The same will have to go for the endstop code now leading to inexplicable errors in dual-axis homing. If we can't figure out why the new and "better" code is broken for these users, then we must go back to the old and "worse" code that has the virtue of working.

AnHardt commented 6 years ago

Maybe they are adding to the CRC the XOFF/XON chars...

Very god point. What makes you think RepetierHost would work in XON/XOFF mode at all? XON/XOFF is relative new to Marlin. The "ok"-protocol always worked without XON/XOFF. Regardless of using ping-pong or the advanced buffersize (default) method. (Important is to tell RepetierHost about Marlins RX buffer size and it seems to help is you tell it only about 3/4 of Marlins buffer size (not tested in RH versions above 2.0).)

AnHardt commented 6 years ago

@repetier Can RH handle XON/XOFF?

ejtagle commented 6 years ago

I redid all my tests.

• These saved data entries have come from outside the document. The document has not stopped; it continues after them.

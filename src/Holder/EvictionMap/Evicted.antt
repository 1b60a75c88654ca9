-- ===== src/Holder/EvictionMap/Evicted.antt =====
-- What `insert` of `EvictionMap` (eviction_map.rs) does when it evicts a value.
use persia.Base.{
  ℕ, suc, ◌+◌, ◌-◌, ◌%◌, ◌<◌, ◌≡◌, refl, sym, ap, subst, ◌∙◌, inl, inr, Bool, true, false, Option,
  none, some, List, [], ◌∷◌, ◌++◌, arith, ltb, if◌then◌else◌, length, length-append, omap, Outcome,
  ok, u32_size, tail_of,
}
use persia.Base.Map.{Eq, insert as map_insert, remove as map_remove, get as map_get, get-remove}
use persia.Holder.LinkedList.{ArrayLinkedList, node}
use persia.Holder.LinkedList.Chain.{Cells, Seg, slot, first_or, last_or, Seg-back}
use persia.Holder.LinkedList.Slots.{slot_pos}
use persia.Holder.LinkedList.Invariant.{Repr, next_slot}
use persia.Holder.LinkedList.Remove.{pop_front, remove}
use persia.Holder.LinkedList.Insert.{push_back}
use persia.Holder.LinkedList.Read.{index, list_len}
use persia.Holder.LinkedList.Pushed.{push_back-Repr}
use persia.Holder.LinkedList.Popped.{pop_front-front}
use persia.Holder.LinkedList.Overwritten.{index-slot}
use persia.Holder.EvictionMap.{EvictionMap, get, insert}
use persia.Holder.EvictionMap.Indexed.{find, without, UniqueKeys, Indexes, find-cases, cell_index}
use persia.Holder.EvictionMap.Refreshed.{value_of, moved-Indexes}
use persia.Holder.EvictionMap.Inserted.{freed}

pred_suc_pos : (i : ℕ) → 0 < i → suc (i - 1) ≡ i
pred_suc_pos i h = omega arith

-- The value of a cell of a chain is found under its index.
index-Seg :
    {V : Type 0} (l : ArrayLinkedList V) (ys zs : Cells V) (c : ℕ × V)
    → Seg l.elements 0 (ys ++ c ∷ zs) 0
    → index l (cell_index c) ≡ ok (some c.1)
index-Seg l ys zs c s =
    let held = (Seg-back l.elements 0 ys (c ∷ zs) 0 s).0 in
    index-slot l (cell_index c) _ (
      subst (λ i. slot l.elements i ≡ some (node (last_or 0 ys) (first_or 0 zs) c.1))
        (sym (pred_suc_pos c.0 (slot_pos l.elements c.0 _ held).0)) held)

-- The slot of the first cell.
front_slot :
    {V : Type 0} (l : ArrayLinkedList V) (c : ℕ × V) (zs : Cells V)
    → Seg l.elements 0 (c ∷ zs) 0
    → suc (c.0 - 1) ≡ c.0
front_slot l c zs s = pred_suc_pos c.0 (slot_pos l.elements c.0 _ s.0).0

over : (n k capacity : ℕ) → n ≡ k → k < u32_size → capacity < k → ltb capacity (n % u32_size) ≡ true
over n k capacity h s b = ground arith

module _ {K : Type 0} {V : Type 0} ⦃e : Eq K⦄ (hashmap_key : V → K) where
  -- The map knows the values of these cells, and no others.
  abbrev pub Finds : EvictionMap K V → Cells V → Type 0
  Finds m xs = (key : K) → get m key ≡ ok (value_of hashmap_key xs key)

  -- Lookups need the chain of the values only, not that of the free slots.
  find-Seg :
      (m : EvictionMap K V) (xs : Cells V)
      → Seg m.linkedlist.elements 0 xs 0
      → UniqueKeys hashmap_key xs
      → ((key : K) → map_get m.hashmap key ≡ omap cell_index (find hashmap_key xs key))
      → Finds m xs
  unfolding get
  find-Seg m xs s u known key = elim (find-cases hashmap_key xs key u) [
    | inl (h, w) ↦ rw (known key, get, h) refl
    | inr t ↦
        rw (known key, get, t.found)
          (index-Seg m.linkedlist t.before t.after t.cell
            (subst (λ ws. Seg m.linkedlist.elements 0 ws 0) t.cells s))
  ]

  -- The map without its first value.
  evicted :
      (m : EvictionMap K V) (c : ℕ × V) (zs : Cells V) (free : List ℕ)
      → Indexes hashmap_key m (c ∷ zs) free
      → (l' : ArrayLinkedList V) × (pop_front m.linkedlist ≡ ok (some c.1, l'))
        × Finds (record m { hashmap = map_remove m.hashmap (hashmap_key c.1); linkedlist = l' }) zs
  evicted m c zs free inv =
      let at_front =
        subst (λ i. Repr m.linkedlist ((i, c.1) ∷ zs) free)
          (sym (front_slot m.linkedlist c zs inv.list.chain)) inv.list in
      let (l', popped, first, last, count, chain, head, size) =
        pop_front-front m.linkedlist (c.0 - 1) c.1 zs free at_front in
      (
        l',
        popped,
        find-Seg (record m { hashmap = map_remove m.hashmap (hashmap_key c.1); linkedlist = l' }) zs
            chain inv.unique.1
            (λ key.
              get-remove m.hashmap (hashmap_key c.1) key
              ∙ rw (inv.indexed key)
                  (drop_key (e.beq (hashmap_key c.1) key) key (e.beq_iff (hashmap_key c.1) key).0)),
      )
    where
      drop_key :
          (t : Bool) (key : K)
          → (t ≡ true → hashmap_key c.1 ≡ key)
          → (if t then none else omap cell_index (if t then some c else find hashmap_key zs key))
            ≡ omap cell_index (find hashmap_key zs key)
      drop_key true key f =
          ap (omap cell_index)
            (sym (subst (λ j. find hashmap_key zs j ≡ none) (f refl) inv.unique.0))
      drop_key false key f = refl

  insert-run :
      (m : EvictionMap K V) (key : K) (v x : V) (old : Option V) (l1 l2 l3 : ArrayLinkedList V)
      (idx : ℕ)
      → Path
          (Outcome (Option V × ArrayLinkedList V))
          (elim (map_get m.hashmap key) [
            | some i ↦ remove m.linkedlist i
            | none ↦ ok (none, m.linkedlist)
          ])
          (ok (old, l1))
      → push_back l1 v ≡ ok (idx, l2)
      → ltb m.capacity (l2.count % u32_size) ≡ true
      → pop_front l2 ≡ ok (some x, l3)
      → insert hashmap_key m key v
        ≡ ok (
          (old, some x),
          record m {
            hashmap = map_remove (map_insert m.hashmap key idx) (hashmap_key x);
            linkedlist = l3;
          },
        )
  unfolding insert list_len
  insert-run m key v x old l1 l2 l3 idx removed pushed full popped =
      rw (removed, pushed, full, popped) refl

  without-front :
      (c : ℕ × V) (xs : Cells V) (key : K)
      → e.beq (hashmap_key c.1) key ≡ false
      → without hashmap_key (c ∷ xs) key ≡ c ∷ without hashmap_key xs key
  without-front c xs key h = rw h refl

  -- On a map with the invariant, for a value of the key and with fewer than 2^32 - 1 slots and cells, an
  -- `insert` beyond the capacity evicts the value at the front of the list, when that is not the old
  -- value of the key: it returns both, and right after it, the map finds the new value and every
  -- value but those two.
  pub insert-evicts :
      (m : EvictionMap K V) (c : ℕ × V) (xs : Cells V) (free : List ℕ) (key : K) (v : V)
      → Indexes hashmap_key m (c ∷ xs) free
      → hashmap_key v ≡ key
      → e.beq (hashmap_key c.1) key ≡ false
      → length m.linkedlist.elements + 1 < u32_size
      → length (without hashmap_key xs key) + 2 < u32_size
      → m.capacity < length (without hashmap_key xs key) + 2
      → (m' : EvictionMap K V) × (i : ℕ) × (insert hashmap_key m key v
          ≡ ok ((value_of hashmap_key (c ∷ xs) key, some c.1), m'))
        × Finds m' (without hashmap_key xs key ++ (i, v) ∷ [])
  insert-evicts m c xs free key v inv owner other room small full =
      let f = freed hashmap_key m (c ∷ xs) free key inv in
      let i = next_slot f.list f.free in
      let rest = without hashmap_key xs key in
      let (l2, pushed, r2) =
        push_back-Repr f.list v (without hashmap_key (c ∷ xs) key) f.free f.chained
          (subst (λ n. n + 1 < u32_size) (sym f.same) room) in
      let r2' =
        subst (λ ws. Repr l2 (ws ++ (i, v) ∷ []) (tail_of f.free)) (without-front c xs key other)
          r2 in
      let m2 : EvictionMap K V = record m {
        hashmap = map_insert m.hashmap key (i - 1);
        linkedlist = l2;
      } in
      let inv2 =
        subst (λ ws. Indexes hashmap_key m2 (ws ++ (i, v) ∷ []) (tail_of f.free))
          (without-front c xs key other)
          (moved-Indexes hashmap_key m l2 (c ∷ xs) free (tail_of f.free) key (i, v) owner inv r2) in
      let (l3, popped, finds) = evicted m2 c (rest ++ (i, v) ∷ []) (tail_of f.free) inv2 in
      (
        record m {
          hashmap = map_remove (map_insert m.hashmap key (i - 1)) (hashmap_key c.1);
          linkedlist = l3;
        },
        i,
        insert-run m key v c.1 (value_of hashmap_key (c ∷ xs) key) f.list l2 l3 (i - 1) f.removed
            pushed
            (over l2.count (length rest + 2) m.capacity (r2'.counted ∙ snoc_size rest (i, v)) small
              full)
            popped,
        finds,
      )
    where
      snoc_size : (ys : Cells V) (b : ℕ × V) → suc (length (ys ++ b ∷ [])) ≡ length ys + 2
      snoc_size ys b = omega (arith, length-append ys (b ∷ []))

Using a Windows Serial terminal called YAT (https://sourceforge.net/projects/y-a-terminal/), i sent a full gcode file to the SD card (with line numbers and checksums). 2megabytes. Not a single error or retransmission or anything. If disabling XON/XOFF i get lots of overruns. So, i suspect @AnHardt could be right here...

repetier commented 6 years ago

No, we do not support XON/XOFF handling. We only rely on our own traffic counting a sthis is compatible with all versions.